Decision Maker

Lesson from the Target Breach: IT Must Implement Two-Factor Authentication

Last year's Target incident should be a wake-up call for IT to fundamentally change how they handle passwords.

• By Don Jones
• 04/29/2014

Now that the dust has settled on the Target credit card breach -- along with data theft at other retailers -- I hope you're taking a hard look at your organization and asking, "Are we stupid or lazy?" Frankly, with the high-profile Target case top of mind and security experts predicting more breaches are inevitable, "ignorance" isn't really an acceptable excuse for IT decision makers anymore.

It's time to scrap the way IT allows passwords for authentication. It's no secret security experts for decades have been moaning about how terribly passwords are used. Two-factor authentication, which greatly reduces the chances of a breach, is still practically a trite phrase even though it's been available for quite some time. Yet very few companies bother implementing two-factor authentication, or for that matter anything stronger than a password even though it's easier than ever. Even Microsoft, which has offered multifactor authentication in its Microsoft Azure cloud service, in February extended that to Office 365 and plans to offer it in the desktop version later this year.

Target should wish they had used two-factor authentication.
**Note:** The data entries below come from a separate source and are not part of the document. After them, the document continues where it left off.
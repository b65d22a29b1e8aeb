-- ===== src/Schema/Types/Names.antt =====
-- The names of column types in DBML and in XSD (src/schema/types.rs).
use dirbase.Prelude.{String, Bool, false, ◌||◌, Option, none, some, List, [], ◌∷◌, if◌then◌else◌}
use dirbase.Text.{split, rsplit_once, eq_ignore_ascii_case}
use dirbase.Schema.Types.{ColumnType}

-- A lower-case name that the text is, once in lower case itself.
is_one_of : String → List String → Bool
is_one_of text [] = false
is_one_of text (name ∷ names) = eq_ignore_ascii_case text name || is_one_of text names

-- The type of the first arm that the text is in.
type_named : List (ColumnType × List String) → String → ColumnType
unfolding is_one_of
type_named [] text = ColumnType.string
type_named ((column_type, names) ∷ arms) text =
    if is_one_of text names then column_type else type_named arms text

first_part : String → List String → String
first_part raw [] = raw
first_part raw (part ∷ parts) = part

abbrev dbml_types : List (ColumnType × List String)
dbml_types =
    (ColumnType.integer, "int" ∷ "integer" ∷ "smallint" ∷ "serial" ∷ [])
    ∷ (ColumnType.big_integer, "bigint" ∷ "bigserial" ∷ [])
    ∷ (ColumnType.float, "float" ∷ "double" ∷ "real" ∷ [])
    ∷ (ColumnType.decimal, "decimal" ∷ "numeric" ∷ [])
    ∷ (ColumnType.boolean, "bool" ∷ "boolean" ∷ [])
    ∷ (ColumnType.json, "json" ∷ "jsonb" ∷ [])
    ∷ (ColumnType.date, "date" ∷ [])
    ∷ (ColumnType.datetime, "datetime" ∷ "timestamp" ∷ "timestamptz" ∷ [])
    ∷ (ColumnType.uuid, "uuid" ∷ [])
    ∷ []

abbrev xsd_types : List (ColumnType × List String)
xsd_types =
    (
      ColumnType.integer,
      "int" ∷ "integer" ∷ "short" ∷ "byte" ∷ "nonnegativeinteger" ∷ "nonpositiveinteger"
          ∷ "positiveinteger" ∷ "negativeinteger" ∷ "unsignedbyte" ∷ "unsignedshort" ∷ [],
    )
    ∷ (ColumnType.big_integer, "long" ∷ "unsignedint" ∷ "unsignedlong" ∷ [])
    ∷ (ColumnType.decimal, "decimal" ∷ [])
    ∷ (ColumnType.float, "float" ∷ "double" ∷ [])
    ∷ (ColumnType.boolean, "boolean" ∷ [])
    ∷ (ColumnType.date, "date" ∷ [])
    ∷ (ColumnType.datetime, "datetime" ∷ [])
    ∷ (
      ColumnType.string,
      "string" ∷ "normalizedstring" ∷ "token" ∷ "id" ∷ "idref" ∷ "language" ∷ "name" ∷ "ncname"
          ∷ "nmtoken" ∷ "anyuri" ∷ [],
    )
    ∷ []

unfoldable pub from_dbml_type : String → ColumnType
unfolding type_named first_part
from_dbml_type raw = type_named dbml_types (first_part raw (split b'(' raw))

local_name : String → Option (String × String) → String
local_name name none = name
local_name name (some (prefix, local)) = local

-- A name without its prefix.
normalize_qname : String → String
unfolding local_name
normalize_qname name = local_name name (rsplit_once b':' name)

unfoldable pub from_xsd_type : String → ColumnType
unfolding type_named normalize_qname
from_xsd_type raw = type_named xsd_types (normalize_qname raw)
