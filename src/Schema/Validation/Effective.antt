-- ===== src/Schema/Validation/Effective.antt =====
-- What an effective schema that passes has.
use dirbase.Prelude.{
  String, Bool, true, false, Option, none, some, [], ◌∷◌, ◌≡◌, ◌↔◌, refl, All, if◌then◌else◌,
}
use dirbase.BTreeMap
use dirbase.BTreeMap.{BTreeMap}
use dirbase.Error.{Result, ok, err, ◌>>◌, >>=-eq-ok, ok_or-eq-ok, err-ne-ok, both_ok}
use dirbase.Runtime.{Runtime}
use dirbase.Schema.Types.{ForeignKey, ColumnSchema, TableSchema, Schema, is_compatible_with}
use dirbase.Schema.Validation.{
  validate_primary_key, validate_foreign_key, validate_foreign_keys, validate_columns,
  validate_table, validate_tables, validate_effective_schema,
}
use dirbase.Schema.Validation.Constraints.{validate_column_constraints}

module _ ⦃rt : Runtime⦄ (tables : BTreeMap TableSchema) where
  -- The primary key, if there is one, is a column.
  pub HasKey : TableSchema → Option String → Type 0
  HasKey table none = Unit
  HasKey table (some key) = BTreeMap.contains_key table.columns key ≡ true

  -- The foreign key is a column whose type may be joined with that of an existing column.
  pub record Joins (table : TableSchema) (source_column : String) (fk : ForeignKey) : Type 0 where
    pub source : ColumnSchema
    pub target : TableSchema
    pub target_column : ColumnSchema
    pub is_source : BTreeMap.get table.columns source_column ≡ some source
    pub is_target : BTreeMap.get tables fk.target_table ≡ some target
    pub is_target_column : BTreeMap.get target.columns fk.target_column ≡ some target_column
    pub compatible : is_compatible_with source.column_type target_column.column_type ≡ true

  when-ok :
      {E : Type 0} (b : Bool) (e : E)
      → ◌≡◌ {A = Result (Unit {0}) E} (if b then ok tt else err e) (ok tt) ↔ (b ≡ true)
  when-ok true e = (λ h. refl, λ h. refl)
  when-ok false e = (λ h. absurd (err-ne-ok h), λ h. cc)

  validate_primary_key_iff :
      (name : String) (table : TableSchema) (key : Option String)
      → validate_primary_key name table key ≡ ok tt ↔ HasKey table key
  unfolding validate_primary_key HasKey
  validate_primary_key_iff name table none = (λ h. tt, λ h. refl)
  validate_primary_key_iff name table (some key) =
      when-ok (BTreeMap.contains_key table.columns key) _

  validate_foreign_key_iff :
      (name : String) (table : TableSchema) (column : String) (fk : ForeignKey)
      → validate_foreign_key tables name table column fk ≡ ok tt ↔ Joins table column fk
  unfolding validate_foreign_key
  validate_foreign_key_iff name table column fk = (
    λ h.
        let (source, is_source, h1) = >>=-eq-ok _ _ h in
        let (target, is_target, h2) = >>=-eq-ok _ _ h1 in
        let (target_column, is_target_column, h3) = >>=-eq-ok _ _ h2 in
        record {
          source = source;
          target = target;
          target_column = target_column;
          is_source = ok_or-eq-ok _ _ is_source;
          is_target = ok_or-eq-ok _ _ is_target;
          is_target_column = ok_or-eq-ok _ _ is_target_column;
          compatible =
              (when-ok (is_compatible_with source.column_type target_column.column_type) _).0 h3;
        },
    λ j. rw (j.is_source, j.is_target, j.is_target_column, j.compatible) refl,
  )

  validate_foreign_keys_iff :
      (name : String) (table : TableSchema) (fks : BTreeMap ForeignKey)
      → validate_foreign_keys tables name table fks ≡ ok tt
        ↔ All (λ entry. Joins table entry.0 entry.1) fks
  unfolding validate_foreign_keys
  validate_foreign_keys_iff name table [] = (λ h. tt, λ h. refl)
  validate_foreign_keys_iff name table ((column, fk) ∷ fks) =
      let here = validate_foreign_key_iff name table column fk in
      let later = validate_foreign_keys_iff name table fks in
      let each =
        both_ok (validate_foreign_key tables name table column fk)
          (validate_foreign_keys tables name table fks) in
      (λ h. (here.0 (each.0 h).0, later.0 (each.0 h).1), λ h. each.1 (here.1 h.0, later.1 h.1))

  validate_columns_iff :
      (name : String) (columns : BTreeMap ColumnSchema)
      → validate_columns name columns ≡ ok tt
        ↔ All (λ entry. validate_column_constraints name entry.0 entry.1 ≡ ok tt) columns
  unfolding validate_columns
  validate_columns_iff name [] = (λ h. tt, λ h. refl)
  validate_columns_iff name ((column_name, column) ∷ columns) =
      let later = validate_columns_iff name columns in
      let each =
        both_ok (validate_column_constraints name column_name column)
          (validate_columns name columns) in
      (λ h. ((each.0 h).0, later.0 (each.0 h).1), λ h. each.1 (h.0, later.1 h.1))

  -- A table whose key exists, whose foreign keys join, and whose columns have sound constraints.
  pub record IsSound (name : String) (table : TableSchema) : Type 0 where
    pub key : HasKey table table.primary_key
    pub joins : All (λ entry. Joins table entry.0 entry.1) table.foreign_keys
    pub constraints :
        All (λ entry. validate_column_constraints name entry.0 entry.1 ≡ ok tt) table.columns

  validate_table_iff :
      (name : String) (table : TableSchema)
      → validate_table tables name table ≡ ok tt ↔ IsSound name table
  unfolding validate_table
  validate_table_iff name table =
      let key = validate_primary_key_iff name table table.primary_key in
      let joins = validate_foreign_keys_iff name table table.foreign_keys in
      let columns = validate_columns_iff name table.columns in
      let inner =
        both_ok (validate_foreign_keys tables name table table.foreign_keys)
          (validate_columns name table.columns) in
      let outer = both_ok (validate_primary_key name table table.primary_key) (
        validate_foreign_keys tables name table table.foreign_keys
        >> validate_columns name table.columns) in
      (
        λ h.
            let a = outer.0 h in
            let b = inner.0 a.1 in
            record { key = key.0 a.0; joins = joins.0 b.0; constraints = columns.0 b.1 },
        λ s. outer.1 (key.1 s.key, inner.1 (joins.1 s.joins, columns.1 s.constraints)),
      )

  validate_tables_iff :
      (rest : BTreeMap TableSchema)
      → validate_tables tables rest ≡ ok tt ↔ All (λ entry. IsSound entry.0 entry.1) rest
  unfolding validate_tables
  validate_tables_iff [] = (λ h. tt, λ h. refl)
  validate_tables_iff ((name, table) ∷ rest) =
      let here = validate_table_iff name table in
      let later = validate_tables_iff rest in
      let each = both_ok (validate_table tables name table) (validate_tables tables rest) in
      (λ h. (here.0 (each.0 h).0, later.0 (each.0 h).1), λ h. each.1 (here.1 h.0, later.1 h.1))

module _ ⦃rt : Runtime⦄ where
  -- The effective schema passes exactly when in every table the primary key is a column, each
  -- foreign key is a column that may be joined with an existing column of an existing table, and the
  -- constraints of each column pass.
  pub validate_effective_schema_iff :
      (schema : Schema)
      → validate_effective_schema schema ≡ ok tt
        ↔ All (λ entry. IsSound schema.tables entry.0 entry.1) schema.tables
  unfolding validate_effective_schema
  validate_effective_schema_iff schema = validate_tables_iff schema.tables schema.tables
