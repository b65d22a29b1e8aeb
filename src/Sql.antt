-- ===== src/Sql.antt =====
-- src/sql/: queries over the resources.
pub mod Types
pub mod Executor
pub mod Export
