-- ===== src/Sql/Types.antt =====
-- src/sql/types.rs
use dirbase.Prelude.{String, Option, List}
use dirbase.Runtime.{Runtime}
use dirbase.Schema.Types.{ColumnType}
use dirbase.Query.Types.{FilterCondition, SortColumn, Pagination}

pub data SqlExportDialect : Type 0 where
  postgres sqlite : SqlExportDialect

unfoldable pub type_name : SqlExportDialect → ColumnType → String
type_name _ ColumnType.integer = "INTEGER"
type_name SqlExportDialect.postgres ColumnType.big_integer = "BIGINT"
type_name SqlExportDialect.sqlite ColumnType.big_integer = "INTEGER"
type_name _ ColumnType.float = "REAL"
type_name SqlExportDialect.postgres ColumnType.decimal = "NUMERIC"
type_name SqlExportDialect.sqlite ColumnType.decimal = "TEXT"
type_name _ ColumnType.boolean = "BOOLEAN"
type_name SqlExportDialect.sqlite ColumnType.json = "TEXT"
type_name SqlExportDialect.postgres ColumnType.json = "JSONB"
type_name SqlExportDialect.postgres ColumnType.date = "DATE"
type_name SqlExportDialect.postgres ColumnType.datetime = "TIMESTAMPTZ"
type_name SqlExportDialect.postgres ColumnType.uuid = "UUID"
type_name _ _ = "TEXT"

pub record ParsedSqlProjection : Type 0 where
  pub source : String
  pub output : String

pub record ParsedSqlJoin : Type 0 where
  pub resource : String
  pub alias : String
  pub left_alias : String
  pub left_column : String
  pub right_column : String

module _ ⦃rt : Runtime⦄ where
  pub record ParsedSqlQuery : Type 0 where
    pub resource : String
    pub resource_alias : String
    pub selected_columns : Option (List ParsedSqlProjection)
    pub filters : List FilterCondition
    pub sort_columns : List SortColumn
    pub pagination : Option Pagination
    pub joins : List ParsedSqlJoin
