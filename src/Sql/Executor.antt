-- ===== src/Sql/Executor.antt =====
-- src/sql/executor.rs on a parsed query. A row is an object with its columns and, under the name and
-- the alias of each table, the row of that table.
pub mod Fields
pub mod Joins
pub mod Run
use dirbase.Prelude.{
  ℕ, String, Bool, true, false, not, ◌||◌, ◌++◌, Option, none, some, List, [], ◌∷◌, if◌then◌else◌,
  unwrap_or, and_then, str_eq, length, take, drop, ltb,
}
use dirbase.BTreeMap
use dirbase.BTreeMap.{BTreeMap}
use dirbase.Json.{Json, as_array, as_object, from_array, from_object}
use dirbase.Error.{
  AppError, app_error, bad_request, payload_too_large, with_code, Result, ok, err, ok_or,
}
use dirbase.Runtime.{Runtime, Value}
use dirbase.Text.{format}
use dirbase.Text.Decimal.{show_nat}
use dirbase.Query.Types.{FilterCondition, SortColumn, Pagination}
use dirbase.Query.Evaluator.{get_value_at_path, filter_collection_data}
use dirbase.Query.Sort.{sort_collection_data}
use dirbase.App.FileSystem.{FileSystem}
use dirbase.App.Action.{Action, return, lift, ◌>>=◌, ◌>>◌}
use dirbase.App.State.{AppState}
use dirbase.Storage.Cache.{Shared}
use dirbase.Storage.Loading.{load_resource}
use dirbase.Sql.Types.{ParsedSqlQuery, ParsedSqlJoin, ParsedSqlProjection}

abbrev not_an_array : AppError
not_an_array = app_error bad_request "Resource is not a JSON array"

abbrev pub not_an_object : AppError
not_an_object = app_error bad_request "Resource row is not a JSON object"

is_known : List String → String → Bool
is_known [] resource = false
is_known (known ∷ rest) resource = str_eq known resource || is_known rest resource

add_joined : List ParsedSqlJoin → List String → List String
unfolding is_known
add_joined [] resources = resources
add_joined (join ∷ joins) resources =
    add_joined joins (
      if not (is_known resources join.resource) then resources ++ join.resource ∷ [] else resources)

module _ ⦃rt : Runtime⦄ where
  unfoldable pub sql_lock_resources : ParsedSqlQuery → List String
  unfolding add_joined
  sql_lock_resources parsed = add_joined parsed.joins (parsed.resource ∷ [])

  unfoldable pub build_base_sql_row : String → String → BTreeMap Value → Value
  build_base_sql_row resource alias object =
      let root = BTreeMap.insert object resource (from_object object) in
      if not (str_eq alias resource)
      then from_object (BTreeMap.insert root alias (from_object object))
      else from_object root

  unfoldable pub extend_joined_row : Value → String → BTreeMap Value → Value
  extend_joined_row row alias object =
      from_object (BTreeMap.insert (unwrap_or (as_object row) []) alias (from_object object))

  unfoldable pub value_to_lookup_key : Value → String
  value_to_lookup_key Json.null = "null"
  value_to_lookup_key (Json.bool true) = "true"
  value_to_lookup_key (Json.bool false) = "false"
  value_to_lookup_key (Json.number number) = rt.number_text number
  value_to_lookup_key (Json.string text) = text
  value_to_lookup_key (Json.array values) = rt.json_text (Json.array values)
  value_to_lookup_key (Json.object fields) = rt.json_text (Json.object fields)

  -- `acc.entry(key).or_default().push(row)`
  unfoldable pub push_row :
      BTreeMap (List (BTreeMap Value)) → String → BTreeMap Value → BTreeMap (List (BTreeMap Value))
  push_row acc key row = BTreeMap.insert acc key (unwrap_or (BTreeMap.get acc key) [] ++ row ∷ [])

  unfoldable pub add_target :
      Option Value
      → BTreeMap Value
      → BTreeMap (List (BTreeMap Value))
      → BTreeMap (List (BTreeMap Value))
  unfolding push_row
  add_target none row acc = acc
  add_target (some value) row acc = push_row acc (value_to_lookup_key value) row

  -- The fold that gathers the target rows by the text of their join column.
  unfoldable pub build_lookup :
      String
      → List (BTreeMap Value)
      → BTreeMap (List (BTreeMap Value))
      → BTreeMap (List (BTreeMap Value))
  unfolding add_target
  build_lookup right_column [] acc = acc
  build_lookup right_column (row ∷ rows) acc =
      build_lookup right_column rows (add_target (BTreeMap.get row right_column) row acc)

  unfoldable pub extend_all : Value → String → List (BTreeMap Value) → List Value
  extend_all row alias [] = []
  extend_all row alias (matched ∷ matches) =
      extend_joined_row row alias matched ∷ extend_all row alias matches

  -- What becomes of one row: a row without the column, or without a partner, is dropped.
  unfoldable pub matches_of :
      BTreeMap (List (BTreeMap Value)) → Option Value → List (BTreeMap Value)
  matches_of lookup none = []
  matches_of lookup (some actual) = unwrap_or (BTreeMap.get lookup (value_to_lookup_key actual)) []

  unfoldable pub left_value : ParsedSqlJoin → Value → Option Value
  left_value join row =
      get_value_at_path row (format (join.left_alias ∷ "." ∷ join.left_column ∷ []))

  unfoldable pub join_each :
      ParsedSqlJoin → BTreeMap (List (BTreeMap Value)) → List Value → List Value
  unfolding extend_all matches_of left_value
  join_each join lookup [] = []
  join_each join lookup (row ∷ rows) =
      extend_all row join.alias (matches_of lookup (left_value join row))
      ++ join_each join lookup rows

  -- One round of the loop over the joins.
  unfoldable pub join_rows : ParsedSqlJoin → List (BTreeMap Value) → List Value → List Value
  unfolding build_lookup join_each
  join_rows join target_rows rows =
      join_each join (build_lookup join.right_column target_rows []) rows

  join_found : ParsedSqlJoin → Option (List (BTreeMap Value)) → List Value → List Value
  join_found join none rows = rows
  join_found join (some target_rows) rows = join_rows join target_rows rows

  unfoldable pub join_all :
      List ParsedSqlJoin → BTreeMap (List (BTreeMap Value)) → List Value → List Value
  unfolding join_found
  join_all [] join_data rows = rows
  join_all (join ∷ joins) join_data rows =
      join_all joins join_data (join_found join (BTreeMap.get join_data join.alias) rows)

  project : List ParsedSqlProjection → BTreeMap Value → BTreeMap Value → BTreeMap Value
  project [] object projected = projected
  project (column ∷ columns) object projected = project columns object (
      BTreeMap.insert projected column.output
        (unwrap_or (get_value_at_path (from_object object) column.source) Json.null))

  select_rows : List ParsedSqlProjection → List Value → Result (List Value) AppError
  unfolding project
  select_rows columns [] = ok []
  select_rows columns (row ∷ rows) = selected (as_object row) (select_rows columns rows)
    where
      selected :
          Option (BTreeMap Value) → Result (List Value) AppError → Result (List Value) AppError
      selected none rest = err not_an_object
      selected (some object) (err e) = err e
      selected (some object) (ok rest) = ok (from_object (project columns object []) ∷ rest)

  unfoldable pub apply_column_selection :
      List Value → Option (List ParsedSqlProjection) → Result (List Value) AppError
  unfolding select_rows
  apply_column_selection rows none = ok rows
  apply_column_selection rows (some selected_columns) = select_rows selected_columns rows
The root cause of Target's breach was a password, stolen from an HVAC contractor who had access to some store networks. I'm sure that password was at least eight characters long and consisted of letters, numbers and symbols. That didn't matter a bit, because it was stolen. The cost of that theft is likely going to be in the millions of dollars after the retailer covers losses, pays fines, makes fixes and so on.

An RSA token would have cost about $25. A software security token is a mere $2. And every organization -- including yours -- should absolutely be using these for all network access, including logging in from within the office. Using security tokens -- or smart cards, or some other physical factor -- can put a complete stop to the unauthorized access that resulted in the Target breach.

"But we've never been hit!" is the almost invariable counter-argument -- and it's one I'm sure the IT folks at Target heard a few times. But that's the point -- until you are hit, you haven't been hit, but once you're hit, you're screwed. You don't buy homeowner's insurance because your house did burn down, you purchase it in case the house burns down, and you hope to heck you never need to use it. But you spend the money because the insurance is cheaper than the loss should a loss actually occur.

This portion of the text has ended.